Chapter 11. Repository

Abstract

The repository is responsible for providing persistent storage of RDF graphs along with the other aspects included in the ACID(++) concept:

  • Transactional properties - atomicity, concurrency

  • Security - user authentication, access control

  • Maintainability - backup/restore, statistics, logging

  • Scalability

The primary repository implementation by SCAM utilizes the Enterprise JavaBean 2.0 (EJB) concept together with a relational database to provide a persistent and scalable storage facility. The database can be just about any SQL-enabled relational database (RDB). The business logic has been divided into several EJBs each responsible for a specific set of operations. The EJBs are Stateless Session Beans using Bean Managed Persistance (BMP). A package developed by HP Labs called Jena is used to assist in the RDF-RDB layer. Jena is also used throughout the entire SCAM architecture providing an API against RDF. Future refactoring of the repository may include replacing Jena with an Entity Bean solution.

Figure 11.1. Design

Design

The current version of the repository uses JBoss v3.2.x, but should be easily ported to other EJB containers. Some problems are involved in this concerning deployment descriptors etc. which are not included in the EJB standard.

Table of Contents

Metadata model
Security
Authentication
Access Control
API
Searching
RDQL
Freetext
Backup/restore data
Database

Metadata model

One of the main advantages of using RDF as your backend storage format is that you do not have to modify it when the data structure changes. This derives from the fact that all metadata schemas can be described using RDF. The Repository uses a Component-centric approach in its API, enabling a more intuitive way of interacting with RDF. A Component X in SCAM-sence is a subgraph defined as having an URI X as root-node ending with either a literal or another URI. This graph can consist of several blank nodes (bNodes) in between which are RDFs definition of nodes having no URI. Outspoken, this graph is the metadata about X.

Figure 11.2. A Component

A Component

SCAM natively incorporates an RDF-binding of IMS Content Packaging (IMSCP) as the organizational schema. Roughly an IMS Manifest consists of two different types of Components: Resources and Items. An Item is simply a Component being typed as an IMS Item. This little differance significantly changes the way the repository treats the Component. For instance if you remove an Item, all its sub-items will also be removed. It is analogous to when you remove a folder in a filesystem, all its sub-folders and files will be removed. In other words, you can compare how a filesystem treats files, softlinks and folders to how the repository treats Items and Resources. An Item corresponds to a softlink or a folder depending on its structure, and a Resource corresponds to a file. Having stated that, we can deduce that an Item is a collection of Components or a reference to a Resource. A Manifest is a collection of Components assigned in a certain context and can therefore be compared to a filesystem account.

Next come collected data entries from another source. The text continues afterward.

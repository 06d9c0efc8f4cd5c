-- ===== src/Backend/Devices/Tests.antt =====
-- Requests of devices (backend/app.py), run.
use frass_f.Base.{ℕ, none, some, [], ◌∷◌, text, Dict, false}
use frass_f.Backend.State.{Backend, Device}
use frass_f.Backend.Devices.{Registration}

abbrev gate : Device ℕ
gate = record {
  name = text "Gate";
  location = text "North";
  status = text "offline";
  last_seen = none;
  config = none;
  api_key = text "k";
  uptime_seconds = 0;
  memory_mb = 0;
  queue_size = 0;
  fps_actual = 0;
  health_reported_at = none;
}

abbrev backend : Backend ℕ ℕ
backend = record {
  devices = (text "d1", gate) ∷ [];
  users = [];
  embeddings = [];
  logs = [];
  replay_guard = [];
  last_replay_cleanup = 0;
  embedding_cache = [];
  cache_loaded = false;
}

abbrev base : Dict ℕ
base = (text "dedup_cooldown", 300) ∷ (text "liveness_threshold", 65) ∷ []

abbrev settings : Dict ℕ
settings = (text "dedup_cooldown", 60) ∷ (text "fps", 5) ∷ []

abbrev again : Registration
again = record { device_id = text "d1"; name = some (text "Door"); location = none }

Figure 11.3. IMS Content Packaging hierarchy

IMS Content Packaging hierarchy

You can think of the repository data as a huge graph consisting of arcs and nodes. A Manifest is a subset of this data which in turn is divided into smaller subgraphs called Components. Note that there is a big difference between the term Manifest as opposed to the term manifest-component. A Manifest is the collection of all triples assigned in a certain context, a manifest-component is the "root" of an IMSCP hierarchy assigned to contain information about the Manifest it resides in. Also note that the term URI (Uniform Resource Locator) or URN (Uniform Resource Name) is not enough to identify a Component in SCAM. Additionally you have to specify in which context (Manifest) you are refering to it.

Items provide the means to hierarcically organize Resources, but they also allow attaching context-dependant information to its referenced Resource. You can think of an Item as a specialized view of a Resource, extending and/or overriding the original metadata.

The IMS Content Packaging structure is preserved and validated by the repository which also defines methods to change it. There are however no limitation or validation of the actual metadata which constitutes a Component. This is the case because SCAM has been designed to handle all kinds of metadata-schemas. It is hard to define a general validation service because of a graph's inherant dynamic characteristics. This has not been considered to be a prioritized service, but may very well be included at a later stage.

SCAM utilizes a strict type convention, i.e. a single RDF.type-property is required for all Components.